Task description —
Read through the entries below and copy each line where "releases" turns up.
== Segment start ==
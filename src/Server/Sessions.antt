-- ===== src/Server/Sessions.antt =====
-- vnet/server/server.go and vnet/server/session.go: the sessions of a server from their handshake
-- to their release. The server's map of sessions, the routes of the network and its allocated
-- devices are maps from addresses; the clock is an argument, in nanoseconds.
use go_vnet.Base.{
  ℕ, ◌+◌, ◌%◌, ◌^◌, Option, none, some, List, [], ◌∷◌, ltb, if◌then◌else◌, store, delete,
}

-- a session: `last_ping` is `storage[last_ping]`, `seen` the time that is stored under the address
-- instead
pub record Session : Type 0 where
  pub id : ℕ
  pub last_ping : Option ℕ
  pub seen : Option ℕ

-- `closed` has the sessions whose connection the server has closed, `version` is
-- `peerMappingVersion`. `devices` are the sessions that the network has registered, by address, and
-- `addresses` the addresses that its pool has assigned, each with the session that it was assigned
-- to.
pub record Server : Type 0 where
  pub sessions : List (ℕ × Session)
  pub routes : List (ℕ × ℕ)
  pub devices : List (ℕ × ℕ)
  pub addresses : List (ℕ × ℕ)
  pub closed : List ℕ
  pub version : ℕ

unfoldable pub new_session : ℕ → Session
new_session id = record { id = id; last_ping = none; seen = none }

-- the end of `AcquireDevice`: first the address, and when the quotas are found the device
unfoldable pub assign_address : ℕ → ℕ → Server → Server
assign_address ip id s = record s { addresses = store ip id s.addresses }

unfoldable pub acquire_device : ℕ → ℕ → Server → Server
acquire_device ip id s = record (assign_address ip id s) { devices = store ip id s.devices }

-- what follows the handshake
unfoldable pub store_session : ℕ → ℕ → Server → Server
store_session ip id s = record s {
  sessions = store ip (new_session id) s.sessions;
  routes = store ip id s.routes;
}

unfoldable pub close_session : ℕ → Server → Server
close_session id s = record s { closed = id ∷ s.closed }

unfoldable pub release_device : ℕ → Server → Server
release_device ip s = record s { devices = delete ip s.devices; addresses = delete ip s.addresses }

-- the rest of `Release`
unfoldable pub unregister_session : ℕ → ℕ → Server → Server
unregister_session ip id s = close_session id (record s { routes = delete ip s.routes })

-- `Session.Release`
unfoldable pub release_session : ℕ → ℕ → Server → Server
release_session ip id s = unregister_session ip id (release_device ip s)

-- what `handleSession` does after `Release`
unfoldable pub forget_session : ℕ → Server → Server
forget_session ip s = record s {
  sessions = delete ip s.sessions;
  version = (s.version + 1) % 2 ^ 64;
}

unfoldable pub release : ℕ → ℕ → Server → Server
release ip id s = forget_session ip (release_session ip id s)

-- A client that connects again with its last session: `AcquireDevice` of
-- manager/server/internal/logic/network/device.go releases that session and gives its address to
-- the new one, which the server then serves.
unfoldable pub login_again : ℕ → ℕ → ℕ → Server → Server
login_again ip last id s = store_session ip id (acquire_device ip id (release_session ip last s))

-- How the life of a session ends. The handshake fails before `AcquireDevice` has released the last
-- session of the client, or after it, without an address or with one, when a quota is not found.
pub data Outcome : Type 0 where
  handshake_failed : Outcome
  assign_failed : Outcome
  quotas_missing : Outcome
  adaptor_failed : Outcome
  quota_failed : Outcome
  served : Outcome

-- `AcquireDevice` releases the last session of the client, if it names one that the network has;
-- this is the address and the id of that session.
unfoldable pub release_last : Option (ℕ × ℕ) → Server → Server
release_last none s = s
release_last (some (ip, last)) s = release_session ip last s

-- `handleSession` behind that
unfoldable pub end_session : Outcome → ℕ → ℕ → Server → Server
end_session handshake_failed ip id s = close_session id s
end_session assign_failed ip id s = close_session id s
end_session quotas_missing ip id s = close_session id (assign_address ip id s)
end_session adaptor_failed ip id s = store_session ip id (acquire_device ip id s)
end_session quota_failed ip id s = close_session id (store_session ip id (acquire_device ip id s))
end_session served ip id s = release ip id (store_session ip id (acquire_device ip id s))

-- what the handshake releases
unfoldable pub released_last : Outcome → Option (ℕ × ℕ) → Server → Server
released_last handshake_failed last s = s
released_last assign_failed last s = release_last last s
released_last quotas_missing last s = release_last last s
released_last adaptor_failed last s = release_last last s
released_last quota_failed last s = release_last last s
released_last served last s = release_last last s

-- `handleSession`, from the handshake to its return
unfoldable pub handle_session : Outcome → Option (ℕ × ℕ) → ℕ → ℕ → Server → Server
handle_session o last ip id s = end_session o ip id (released_last o last s)

abbrev pub ping_timeout : ℕ
ping_timeout = 10000000000

-- the ping of a client
unfoldable pub ping : ℕ → Session → Session
ping now ss = record ss { last_ping = some now }

-- one session of a round of `checkStatusLoop`: what it becomes, or none when it is stopped and
-- deleted
unfoldable pub check_session : ℕ → Option ℕ → Session → Option Session
check_session now none ss = some (record ss { seen = some now })
check_session now (some last) ss = if ltb (last + ping_timeout) now then none else some ss

unfoldable pub checked : ℕ → Option Session → List (ℕ × Session) → List (ℕ × Session)
checked ip none rest = rest
checked ip (some ss) rest = (ip, ss) ∷ rest

-- a round of `checkStatusLoop` on the map of sessions
unfoldable pub check_status : ℕ → List (ℕ × Session) → List (ℕ × Session)
check_status now [] = []
check_status now ((ip, ss) ∷ sessions) =
    checked ip (check_session now ss.last_ping ss) (check_status now sessions)
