-- ===== src/Server/Lifecycle.antt =====
-- What stays of a session in the maps of the server, vnet/server/server.go.
use mathlib.Core.Path.{subst}
use mathlib.Core.Option.{some-injective}
use go_vnet.Base.{
  ℕ, ◌≡◌, refl, sym, ap, ◌∙◌, inl, inr, true, false, Option, none, some, List, [], ◌∷◌, arith, ◌==◌,
  if◌then◌else◌, find, store, delete, find-store, find-delete, Bool-cases,
}
use go_vnet.Server.Sessions.{
  Session, Server, new_session, acquire_device, store_session, close_session, release_device,
  unregister_session, release_session, forget_session, release, login_again, Outcome,
  handshake_failed, assign_failed, quotas_missing, adaptor_failed, quota_failed, served,
  assign_address, check_session, checked, check_status,
}

-- the session, the route, the device and the assignment of an address
abbrev pub Entry : Type 0
Entry = Option Session × Option ℕ × Option ℕ × Option ℕ

abbrev pub entry : ℕ → Server → Entry
entry ip s = (find ip s.sessions, find ip s.routes, find ip s.devices, find ip s.addresses)

-- the entry of an address when the last session of the client, at another address or at this one,
-- has been released: the map of sessions keeps that session
abbrev pub freed : Option (ℕ × ℕ) → ℕ → Entry → Entry
freed none x old = old
freed (some (ip, last)) x (session, route, device, assigned) =
    if ip == x then (session, none, none, none) else (session, route, device, assigned)

-- the entries that the end of a session finds, as to its last session
abbrev pub found : Outcome → Option (ℕ × ℕ) → ℕ → Entry → Entry
found handshake_failed last x old = old
found assign_failed last x old = freed last x old
found quotas_missing last x old = freed last x old
found adaptor_failed last x old = freed last x old
found quota_failed last x old = freed last x old
found served last x old = freed last x old

-- the entry that the end of a session leaves at its own address
abbrev pub left : Outcome → ℕ → Entry → Entry
left handshake_failed id old = old
left assign_failed id old = old
left quotas_missing id (session, route, device, assigned) = (session, route, device, some id)
left adaptor_failed id old = (some (new_session id), some id, some id, some id)
left quota_failed id old = (some (new_session id), some id, some id, some id)
left served id old = (none, none, none, none)

store_self :
    {V : Type 0} (k : ℕ) (v : V) (entries : List (ℕ × V)) → find k (store k v entries) ≡ some v
store_self k v entries =
    let own : (k == k) ≡ true = ground arith in
    find-store k k v entries ∙ ap (λ b. if b then some v else find k entries) own

delete_self : {V : Type 0} (k : ℕ) (entries : List (ℕ × V)) → find k (delete k entries) ≡ none
delete_self k entries =
    let own : (k == k) ≡ true = ground arith in
    find-delete k k entries ∙ ap (λ b. if b then none else find k entries) own

-- the rounds of `checkStatusLoop` at the times
abbrev pub rounds : List ℕ → List (ℕ × Session) → List (ℕ × Session)
rounds [] sessions = sessions
rounds (now ∷ times) sessions = rounds times (check_status now sessions)

-- a session without a ping
abbrev pub IsSilent : Option Session → Type 0
IsSilent o = (ss : Session) × (o ≡ some ss) × (ss.last_ping ≡ none)

checked_other :
    (k ip : ℕ) (o : Option Session) (rest : List (ℕ × Session))
    → (k == ip) ≡ false
    → find ip (checked k o rest) ≡ find ip rest
unfolding find checked
checked_other k ip none rest apart = refl
checked_other k ip (some ss) rest apart = rw apart refl

checked-IsSilent :
    (now k ip : ℕ) (ss : Session) (rest : List (ℕ × Session))
    → (k == ip) ≡ true
    → ss.last_ping ≡ none
    → IsSilent (find ip (checked k (check_session now ss.last_ping ss) rest))
unfolding find checked check_session
checked-IsSilent now k ip ss rest own silent =
    let kept = record ss { seen = some now } in
    (
      kept,
      ap (λ o. find ip (checked k (check_session now o ss) rest)) silent
          ∙ ap (λ b. if b then some kept else find ip rest) own,
      silent,
    )

round-IsSilent :
    (now ip : ℕ) (sessions : List (ℕ × Session))
    → IsSilent (find ip sessions)
    → IsSilent (find ip (check_status now sessions))
unfolding find check_status
round-IsSilent now ip [] h = h
round-IsSilent now ip ((k, held) ∷ sessions) (ss, e, silent) = elim (Bool-cases (k == ip)) [
  | inl own ↦
      let same : held ≡ ss =
        some-injective _ _ (sym (ap (λ b. if b then some held else find ip sessions) own) ∙ e) in
      checked-IsSilent now k ip held (check_status now sessions) own
        (ap (λ x. x.last_ping) same ∙ silent)
  | inr apart ↦
      let rest : find ip sessions ≡ some ss =
        sym (ap (λ b. if b then some held else find ip sessions) apart) ∙ e in
      subst IsSilent
        (sym (
          checked_other k ip (check_session now held.last_ping held) (check_status now sessions)
            apart))
        (round-IsSilent now ip sessions (ss, rest, silent))
]

-- A session that has sent no ping yet stays in the map of sessions however many rounds
-- `checkStatusLoop` makes, at whatever times: the time that it stores for the session is not the
-- one that it reads.
pub rounds-IsSilent :
    (times : List ℕ) (ip : ℕ) (sessions : List (ℕ × Session))
    → IsSilent (find ip sessions)
    → IsSilent (find ip (rounds times sessions))
rounds-IsSilent [] ip sessions h = h
rounds-IsSilent (now ∷ times) ip sessions h =
    rounds-IsSilent times ip (check_status now sessions) (round-IsSilent now ip sessions h)

entry-login_again :
    (ip last id : ℕ) (s : Server)
    → entry ip (login_again ip last id s) ≡ (some (new_session id), some id, some id, some id)
unfolding login_again store_session acquire_device assign_address
entry-login_again ip last id s =
    let free = release_session ip last s in
    rw
      (
        store_self ip (new_session id) free.sessions,
        store_self ip id free.routes,
        store_self ip id free.devices,
        store_self ip id free.addresses,
      )
      refl

-- When a client connects again and is given the address of its last session, the new session has
-- its entry, its route, its device and its assignment. But when the loop of the last session, which
-- has been stopped, releases the address a second time, the new session loses all four.
pub login_again-release :
    (ip last id : ℕ) (s : Server)
    → (entry ip (login_again ip last id s) ≡ (some (new_session id), some id, some id, some id))
      × (entry ip (release ip last (login_again ip last id s)) ≡ (none, none, none, none))
unfolding release forget_session release_session unregister_session close_session release_device
login_again-release ip last id s =
    let again = login_again ip last id s in
    (
      entry-login_again ip last id s,
      rw
          (
            delete_self ip again.sessions,
            delete_self ip again.routes,
            delete_self ip again.devices,
            delete_self ip again.addresses,
          )
          refl,
    )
== Segment end ==
Response to this exercise —
-- manager/server/internal/logic/network/device.go releases that session and gives its address to
-- `AcquireDevice` releases the last session of the client, if it names one that the network has;
-- what the handshake releases
-- has been stopped, releases the address a second time, the new session loses all four.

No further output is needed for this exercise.